Engine systems may utilize recirculation of exhaust gas from an engine exhaust system to an engine intake system, a process referred to as exhaust gas recirculation (EGR), to reduce regulated emissions. For example, a turbocharged engine system may include a high-pressure (HP) EGR system which recirculates exhaust gas from the exhaust manifold upstream of the turbocharger turbine to the intake passage downstream of a turbocharger compressor and upstream of the intake manifold. Accordingly, exhaust gas may be recirculated and combined with the fresh intake air from the turbocharger compressor, resulting in a compressed mixture of fresh intake air and recirculated exhaust gas downstream of the compressor. An EGR valve may be controlled to adjust the amount of recirculated exhaust gas flow and achieve a desired intake air dilution, the desired intake air dilution based on engine operating conditions. The HP exhaust gas routed through the EGR system is measured and adjusted based on engine speed and load during engine operation to maintain desirable combustion stability of the engine while providing emissions and fuel economy benefits.

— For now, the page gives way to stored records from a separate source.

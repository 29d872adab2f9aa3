-- ===== src/Reader/Record/RoundTrip.antt =====
-- `parse_reader_record` of bridgewire/reader.py against `build_record` of bridgewire/simulation.py.
use frontdoor.Prelude.{
  ℕ, ◌<◌, ◌≡◌, refl, String, Bool, true, not, ◌&&◌, ◌||◌, some, [], ◌∷◌, ◌++◌, arith, ◌==◌,
  if◌then◌else◌, length, ◌/◌, ◌%◌, get_or, all, and_parts, ==_iff, ap, sym, ◌∙◌,
}
use frontdoor.Reader.Record.{
  Text, stx, etx, ParsedRecord, Parsed, parsed, refused, is_hex_digit, hex_digit, format_02x,
  int_16, xor_pairs, is_ascii, after_identifier, slice, parse_credential_identifier, check_checksum,
  parse_reader_record, build_record,
}
use frontdoor.Reader.Record.Hex.{
  is_hex_digit-hex_digit, format_02x-int_16, int_16-format_02x, xor_pairs-lt,
}

-- A credential that every source accepts.
pub record IsIdentifier (credential : Text) : Type 0 where
  pub ten : length credential ≡ 10
  pub digits : all is_hex_digit credential ≡ true

pub all-is_ascii : (text : Text) → all is_hex_digit text ≡ true → is_ascii text ≡ true
all-is_ascii [] h = refl
all-is_ascii (c ∷ text) h =
    let (hc, rest) = and_parts (is_hex_digit c) (all is_hex_digit text) h in
    rw (all-is_ascii text rest) (ground arith)

-- The parts of a framed record of sixteen bytes.
abbrev pub framed : Text → Text → Text
framed credential checksum = stx ∷ credential ++ checksum ++ 13 ∷ 10 ∷ etx ∷ []

-- A record of the right shape is decided by its identifier and its checksum.
parse_ten :
    (a b c d e f g h i j x y : ℕ)
    → let text = a ∷ b ∷ c ∷ d ∷ e ∷ f ∷ g ∷ h ∷ i ∷ j ∷ [] in
      all is_hex_digit text ≡ true
      → is_hex_digit x ≡ true
      → is_hex_digit y ≡ true
      → xor_pairs 0 text ≡ int_16 0 (x ∷ y ∷ [])
      → parse_reader_record (framed text (x ∷ y ∷ [])) ≡ parsed (record { credential = text })
unfolding parse_reader_record
parse_ten a b c d e f g h i j x y hex hx hy sum =
    let text = a ∷ b ∷ c ∷ d ∷ e ∷ f ∷ g ∷ h ∷ i ∷ j ∷ [] in
    rw
      (
        all-is_ascii text hex,
        all-is_ascii (x ∷ y ∷ []) (rw (hx, hy)),
        hex,
        hx,
        hy,
        (==_iff (xor_pairs 0 text) (int_16 0 (x ∷ y ∷ []))).1 sum,
      )
      refl

-- Every identifier has a record, of sixteen bytes, and the parser gives the identifier back.
pub parse-build :
    (credential : Text)
    → IsIdentifier credential
    → (bytes : Text) × (build_record credential ≡ some bytes)
      × (length bytes ≡ 16)
      × (parse_reader_record bytes ≡ parsed (record { credential = credential }))
unfolding build_record
parse-build (a ∷ b ∷ c ∷ d ∷ e ∷ f ∷ g ∷ h ∷ i ∷ j ∷ []) id =
    let text = a ∷ b ∷ c ∷ d ∷ e ∷ f ∷ g ∷ h ∷ i ∷ j ∷ [] in
    let checksum = xor_pairs 0 text in
    let small : checksum < 256 = xor_pairs-lt 0 text (omega arith) id.digits in
    (
      framed text (format_02x checksum),
      rw id.digits,
      refl,
      parse_ten a b c d e f g h i j (hex_digit (checksum / 16)) (hex_digit (checksum % 16))
          id.digits (is_hex_digit-hex_digit (checksum / 16) (omega arith))
          (is_hex_digit-hex_digit (checksum % 16) (omega arith))
          (sym (int_16-format_02x checksum small)),
    )
parse-build (a ∷ b ∷ c ∷ d ∷ e ∷ f ∷ g ∷ h ∷ i ∷ j ∷ k ∷ l) id = absurd (omega (arith, id.ten))
parse-build _ id = absurd (omega (arith, id.ten))

-- One step down a ladder of refusals: both of its tests held.
passed :
    (a b : Bool) (reason : String) (rest : Parsed) {p : ParsedRecord}
    → (if not a || not b then refused reason else rest) ≡ parsed p
    → (a ≡ true) × (b ≡ true) × (rest ≡ parsed p)
passed a b reason rest h = ground arith

passed_one :
    (a : Bool) (reason : String) (rest : Parsed) {p : ParsedRecord}
    → (if not a then refused reason else rest) ≡ parsed p
    → (a ≡ true) × (rest ≡ parsed p)
passed_one a reason rest h = ground arith

-- The tests that an accepted record has passed.
record HasPassed (bytes : Text) (p : ParsedRecord) : Type 0 where
  sixteen : length bytes ≡ 16
  starts : get_or bytes 0 0 ≡ stx
  ends : get_or bytes 15 0 ≡ etx
  returns : get_or bytes 13 0 ≡ 13
  feed : get_or bytes 14 0 ≡ 10
  digits : all is_hex_digit (slice 1 11 bytes) ≡ true
  checked : all is_hex_digit (slice 11 13 bytes) ≡ true
  sum : xor_pairs 0 (slice 1 11 bytes) ≡ int_16 0 (slice 11 13 bytes)
  credential : record { credential = slice 1 11 bytes } ≡ p

parsed-injective : {p q : ParsedRecord} → parsed p ≡ parsed q → p ≡ q
parsed-injective h = cc

after_identifier-parsed :
    (data' text : Text) {p : ParsedRecord}
    → after_identifier data' text (parse_credential_identifier data') ≡ parsed p
    → (all is_hex_digit data' ≡ true)
      × (check_checksum data' text (record { credential = data' }) ≡ parsed p)
unfolding parse_credential_identifier
after_identifier-parsed data' text h = ground arith

check_checksum-parsed :
    (data' text : Text) (r : ParsedRecord) {p : ParsedRecord}
    → check_checksum data' text r ≡ parsed p
    → (all is_hex_digit text ≡ true) × (xor_pairs 0 data' ≡ int_16 0 text) × (r ≡ p)
unfolding check_checksum
check_checksum-parsed data' text r h =
    let (two, hex, h₁) = passed (length text == 2) (all is_hex_digit text) _ _ h in
    let (sum, h₂) = passed_one (xor_pairs 0 data' == int_16 0 text) _ _ h₁ in
    (hex, (==_iff (xor_pairs 0 data') (int_16 0 text)).0 sum, parsed-injective h₂)

parse-HasPassed :
    (bytes : Text) (p : ParsedRecord) → parse_reader_record bytes ≡ parsed p → HasPassed bytes p
unfolding parse_reader_record
parse-HasPassed bytes p h =
    let (sixteen, h₁) = passed_one (length bytes == 16) _ _ h in
    let (starts, ends, h₂) = passed (get_or bytes 0 0 == stx) (get_or bytes 15 0 == etx) _ _ h₁ in
    let (cr, lf, h₃) = passed (get_or bytes 13 0 == 13) (get_or bytes 14 0 == 10) _ _ h₂ in
    let (_, _, h₄) = passed (is_ascii (slice 1 11 bytes)) (is_ascii (slice 11 13 bytes)) _ _ h₃ in
    let (digits, h₅) = after_identifier-parsed (slice 1 11 bytes) (slice 11 13 bytes) h₄ in
    let (checked, sum, whole) = check_checksum-parsed (slice 1 11 bytes) (slice 11 13 bytes) _ h₅ in
    record {
      sixteen = (==_iff (length bytes) 16).0 sixteen;
      starts = (==_iff (get_or bytes 0 0) stx).0 starts;
      ends = (==_iff (get_or bytes 15 0) etx).0 ends;
      returns = (==_iff (get_or bytes 13 0) 13).0 cr;
      feed = (==_iff (get_or bytes 14 0) 10).0 lf;
      digits = digits;
      checked = checked;
      sum = sum;
      credential = whole;
    }

built_sixteen :
    (s a b c d e f g h i j x y m n o : ℕ) {p : ParsedRecord}
    → let bytes = s ∷ a ∷ b ∷ c ∷ d ∷ e ∷ f ∷ g ∷ h ∷ i ∷ j ∷ x ∷ y ∷ m ∷ n ∷ o ∷ [] in
      HasPassed bytes p → build_record p.credential ≡ some bytes
unfolding build_record
built_sixteen s a b c d e f g h i j x y m n o {p} tests =
    let text = a ∷ b ∷ c ∷ d ∷ e ∷ f ∷ g ∷ h ∷ i ∷ j ∷ [] in
    let (hx, more) = and_parts (is_hex_digit x) (is_hex_digit y && true) tests.checked in
    let (hy, _) = and_parts (is_hex_digit y) true more in
    let sum : format_02x (xor_pairs 0 text) ≡ x ∷ y ∷ [] =
      ap format_02x tests.sum ∙ format_02x-int_16 x y hx hy in
    rw (← tests.credential, tests.digits, tests.starts, tests.ends, tests.returns, tests.feed)
      (ap (λ (t : Text). some (framed text t)) sum)

-- Whatever the parser accepts is the record that the builder makes of the identifier that it gives:
-- no other bytes are read as a credential.
pub build-parse :
    (bytes : Text) (p : ParsedRecord)
    → parse_reader_record bytes ≡ parsed p
    → build_record p.credential ≡ some bytes
build-parse bytes p h = of_tests bytes (parse-HasPassed bytes p h)
  where
    of_tests : (bytes : Text) → HasPassed bytes p → build_record p.credential ≡ some bytes
    of_tests (s ∷ a ∷ b ∷ c ∷ d ∷ e ∷ f ∷ g ∷ h ∷ i ∷ j ∷ x ∷ y ∷ m ∷ n ∷ o ∷ []) tests =
        built_sixteen s a b c d e f g h i j x y m n o tests
    of_tests (s ∷ a ∷ b ∷ c ∷ d ∷ e ∷ f ∷ g ∷ h ∷ i ∷ j ∷ x ∷ y ∷ m ∷ n ∷ o ∷ k ∷ l) tests =
        absurd (omega (arith, tests.sixteen))
    of_tests _ tests = absurd (omega (arith, tests.sixteen))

Many engine systems utilize two banks of cylinders arranged in a V formation, also known as a V-engine. Furthermore, in turbocharged V-engines, two turbochargers may be utilized to compress the intake charge. A common configuration is a parallel twin-turbocharger engine, wherein one turbocharger is assigned to one cylinder bank. Furthermore, the two turbochargers operate individually so the compressed charge of one turbocharger is not fed into the inlet of the second turbocharger. In this type of system, each turbocharger is driven by the exhaust from the exhaust manifolds of their respective cylinder banks. If a HP EGR system is also utilized with a parallel twin-turbocharged engine, then a portion of the exhaust from both cylinder banks are routed through an EGR system. An issue that arises with implementation of a HP EGR system with parallel twin-turbochargers is that systems may experience turbocharger boost imbalance which is a result of unequal exhaust gas conduits. Turbocharger boost imbalance may lead to adverse engine operation.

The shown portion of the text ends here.